TO DO
Show every line from the data below that includes "where".

Start of EXERCISE DATA

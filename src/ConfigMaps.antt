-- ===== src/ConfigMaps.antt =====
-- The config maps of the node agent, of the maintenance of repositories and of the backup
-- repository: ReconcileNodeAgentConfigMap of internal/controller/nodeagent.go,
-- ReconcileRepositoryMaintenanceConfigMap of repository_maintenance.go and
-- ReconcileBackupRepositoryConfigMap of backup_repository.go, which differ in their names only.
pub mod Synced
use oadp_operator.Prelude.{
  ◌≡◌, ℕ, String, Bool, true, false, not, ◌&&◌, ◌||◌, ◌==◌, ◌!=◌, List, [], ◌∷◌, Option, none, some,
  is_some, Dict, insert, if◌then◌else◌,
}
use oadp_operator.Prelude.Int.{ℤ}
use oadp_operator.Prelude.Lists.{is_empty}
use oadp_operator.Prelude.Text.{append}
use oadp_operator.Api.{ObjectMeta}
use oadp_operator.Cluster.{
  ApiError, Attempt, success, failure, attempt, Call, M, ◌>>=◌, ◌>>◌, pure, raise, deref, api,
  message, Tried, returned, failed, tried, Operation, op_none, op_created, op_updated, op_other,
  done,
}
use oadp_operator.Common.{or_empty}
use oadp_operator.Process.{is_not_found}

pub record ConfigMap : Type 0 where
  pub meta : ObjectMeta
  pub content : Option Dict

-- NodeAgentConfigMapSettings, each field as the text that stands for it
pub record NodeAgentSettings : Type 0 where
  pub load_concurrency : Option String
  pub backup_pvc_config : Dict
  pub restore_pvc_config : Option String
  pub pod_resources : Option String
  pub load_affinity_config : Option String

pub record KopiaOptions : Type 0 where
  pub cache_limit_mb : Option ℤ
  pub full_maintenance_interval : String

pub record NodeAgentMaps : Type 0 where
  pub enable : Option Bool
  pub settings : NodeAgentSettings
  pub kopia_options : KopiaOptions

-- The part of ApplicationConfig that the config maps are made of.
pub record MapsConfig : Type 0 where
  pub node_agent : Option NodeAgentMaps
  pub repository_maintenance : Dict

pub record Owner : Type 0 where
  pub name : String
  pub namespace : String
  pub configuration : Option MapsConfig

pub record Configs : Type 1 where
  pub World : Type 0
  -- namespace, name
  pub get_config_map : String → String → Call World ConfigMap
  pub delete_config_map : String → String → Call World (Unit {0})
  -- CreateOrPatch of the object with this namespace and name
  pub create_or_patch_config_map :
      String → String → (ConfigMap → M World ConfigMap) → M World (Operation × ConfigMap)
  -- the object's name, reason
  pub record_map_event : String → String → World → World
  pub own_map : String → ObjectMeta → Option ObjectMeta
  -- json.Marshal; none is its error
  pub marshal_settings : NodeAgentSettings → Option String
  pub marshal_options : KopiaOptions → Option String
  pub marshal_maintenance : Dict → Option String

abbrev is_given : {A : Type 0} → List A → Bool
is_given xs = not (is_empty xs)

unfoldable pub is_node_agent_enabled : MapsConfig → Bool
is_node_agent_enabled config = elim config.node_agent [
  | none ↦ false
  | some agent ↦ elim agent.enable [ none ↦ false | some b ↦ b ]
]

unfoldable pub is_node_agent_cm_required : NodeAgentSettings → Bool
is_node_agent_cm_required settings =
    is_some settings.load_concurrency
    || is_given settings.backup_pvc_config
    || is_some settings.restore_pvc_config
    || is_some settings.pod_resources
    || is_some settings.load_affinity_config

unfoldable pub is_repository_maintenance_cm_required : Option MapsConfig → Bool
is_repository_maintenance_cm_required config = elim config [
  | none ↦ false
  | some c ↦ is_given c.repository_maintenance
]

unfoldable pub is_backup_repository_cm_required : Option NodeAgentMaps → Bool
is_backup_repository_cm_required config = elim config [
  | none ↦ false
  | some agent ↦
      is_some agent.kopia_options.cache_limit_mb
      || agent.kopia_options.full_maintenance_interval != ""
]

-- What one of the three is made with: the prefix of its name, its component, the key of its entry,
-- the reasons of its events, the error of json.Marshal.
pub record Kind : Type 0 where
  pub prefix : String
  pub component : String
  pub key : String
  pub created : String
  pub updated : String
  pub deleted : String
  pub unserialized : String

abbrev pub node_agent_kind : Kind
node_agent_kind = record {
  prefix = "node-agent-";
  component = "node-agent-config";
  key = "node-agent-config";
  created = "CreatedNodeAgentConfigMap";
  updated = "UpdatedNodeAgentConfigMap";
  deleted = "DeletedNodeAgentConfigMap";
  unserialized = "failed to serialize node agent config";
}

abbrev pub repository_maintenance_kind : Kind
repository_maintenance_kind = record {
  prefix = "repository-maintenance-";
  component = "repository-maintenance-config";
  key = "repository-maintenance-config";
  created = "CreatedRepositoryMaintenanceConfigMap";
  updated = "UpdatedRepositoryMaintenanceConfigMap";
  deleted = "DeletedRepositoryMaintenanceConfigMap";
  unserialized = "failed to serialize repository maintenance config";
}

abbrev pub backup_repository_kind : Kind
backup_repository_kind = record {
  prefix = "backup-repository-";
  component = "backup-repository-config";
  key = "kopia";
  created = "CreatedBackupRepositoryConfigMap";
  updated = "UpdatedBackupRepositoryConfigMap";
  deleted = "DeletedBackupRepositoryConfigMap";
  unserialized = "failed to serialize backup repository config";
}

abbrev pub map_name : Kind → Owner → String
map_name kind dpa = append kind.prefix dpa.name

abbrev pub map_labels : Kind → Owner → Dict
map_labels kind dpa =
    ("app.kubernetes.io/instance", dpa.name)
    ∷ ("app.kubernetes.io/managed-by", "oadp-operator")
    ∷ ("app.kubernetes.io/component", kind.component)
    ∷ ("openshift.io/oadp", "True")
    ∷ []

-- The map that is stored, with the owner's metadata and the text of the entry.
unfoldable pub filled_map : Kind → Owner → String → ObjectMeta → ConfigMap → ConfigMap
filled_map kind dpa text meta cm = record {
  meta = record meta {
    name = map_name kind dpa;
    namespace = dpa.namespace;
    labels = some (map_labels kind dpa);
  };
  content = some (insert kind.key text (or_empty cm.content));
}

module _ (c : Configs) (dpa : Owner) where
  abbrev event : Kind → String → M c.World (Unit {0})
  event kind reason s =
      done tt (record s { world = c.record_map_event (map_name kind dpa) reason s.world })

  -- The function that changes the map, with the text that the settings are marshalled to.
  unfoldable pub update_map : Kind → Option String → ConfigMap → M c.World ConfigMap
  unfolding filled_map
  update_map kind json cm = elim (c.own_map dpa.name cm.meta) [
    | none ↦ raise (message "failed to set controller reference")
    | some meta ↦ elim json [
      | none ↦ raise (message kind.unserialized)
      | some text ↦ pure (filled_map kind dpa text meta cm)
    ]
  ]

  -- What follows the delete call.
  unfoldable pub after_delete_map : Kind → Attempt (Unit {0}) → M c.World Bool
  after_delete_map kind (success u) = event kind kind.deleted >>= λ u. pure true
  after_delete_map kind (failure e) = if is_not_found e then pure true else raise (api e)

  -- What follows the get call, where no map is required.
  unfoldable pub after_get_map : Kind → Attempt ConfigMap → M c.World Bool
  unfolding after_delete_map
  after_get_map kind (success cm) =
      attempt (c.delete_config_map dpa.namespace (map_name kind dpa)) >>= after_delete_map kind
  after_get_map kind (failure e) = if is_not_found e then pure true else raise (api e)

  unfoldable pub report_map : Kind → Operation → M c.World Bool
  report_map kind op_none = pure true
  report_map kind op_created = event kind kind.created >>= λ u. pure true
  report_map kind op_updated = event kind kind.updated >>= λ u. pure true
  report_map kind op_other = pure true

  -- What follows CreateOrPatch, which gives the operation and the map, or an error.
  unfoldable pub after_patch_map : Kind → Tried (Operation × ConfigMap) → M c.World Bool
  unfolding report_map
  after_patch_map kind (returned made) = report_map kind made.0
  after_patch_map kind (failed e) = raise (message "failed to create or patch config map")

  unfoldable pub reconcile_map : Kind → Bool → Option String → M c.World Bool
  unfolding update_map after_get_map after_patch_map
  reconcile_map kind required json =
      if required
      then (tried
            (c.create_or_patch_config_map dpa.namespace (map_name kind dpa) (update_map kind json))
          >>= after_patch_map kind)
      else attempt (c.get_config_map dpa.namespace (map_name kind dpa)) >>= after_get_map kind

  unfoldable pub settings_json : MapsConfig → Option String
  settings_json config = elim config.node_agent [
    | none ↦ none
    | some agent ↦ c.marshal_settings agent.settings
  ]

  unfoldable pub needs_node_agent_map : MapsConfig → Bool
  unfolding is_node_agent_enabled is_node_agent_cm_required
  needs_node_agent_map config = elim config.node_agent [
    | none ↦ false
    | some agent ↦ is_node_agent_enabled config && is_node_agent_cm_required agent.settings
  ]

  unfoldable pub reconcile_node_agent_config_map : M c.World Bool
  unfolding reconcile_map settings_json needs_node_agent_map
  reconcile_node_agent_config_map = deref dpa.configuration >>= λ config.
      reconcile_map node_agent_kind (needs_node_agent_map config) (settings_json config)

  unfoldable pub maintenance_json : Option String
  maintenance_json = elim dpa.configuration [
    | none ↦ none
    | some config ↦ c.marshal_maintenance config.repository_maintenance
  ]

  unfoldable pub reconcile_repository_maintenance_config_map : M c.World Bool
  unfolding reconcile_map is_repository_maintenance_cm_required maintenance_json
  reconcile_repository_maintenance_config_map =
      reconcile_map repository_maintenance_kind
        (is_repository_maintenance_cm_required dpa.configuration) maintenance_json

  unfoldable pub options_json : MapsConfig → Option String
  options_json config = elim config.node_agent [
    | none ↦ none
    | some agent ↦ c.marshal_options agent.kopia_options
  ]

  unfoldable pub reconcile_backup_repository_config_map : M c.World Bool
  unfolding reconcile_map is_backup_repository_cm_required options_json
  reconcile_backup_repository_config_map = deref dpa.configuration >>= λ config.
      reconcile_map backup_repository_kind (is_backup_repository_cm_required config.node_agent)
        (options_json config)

End of EXERCISE DATA

RESULT FOR THIS EXERCISE
pub record ConfigMap : Type 0 where
pub record NodeAgentSettings : Type 0 where
pub record KopiaOptions : Type 0 where
pub record NodeAgentMaps : Type 0 where
pub record MapsConfig : Type 0 where
pub record Owner : Type 0 where
pub record Configs : Type 1 where
pub record Kind : Type 0 where
module _ (c : Configs) (dpa : Owner) where
  -- What follows the get call, where no map is required.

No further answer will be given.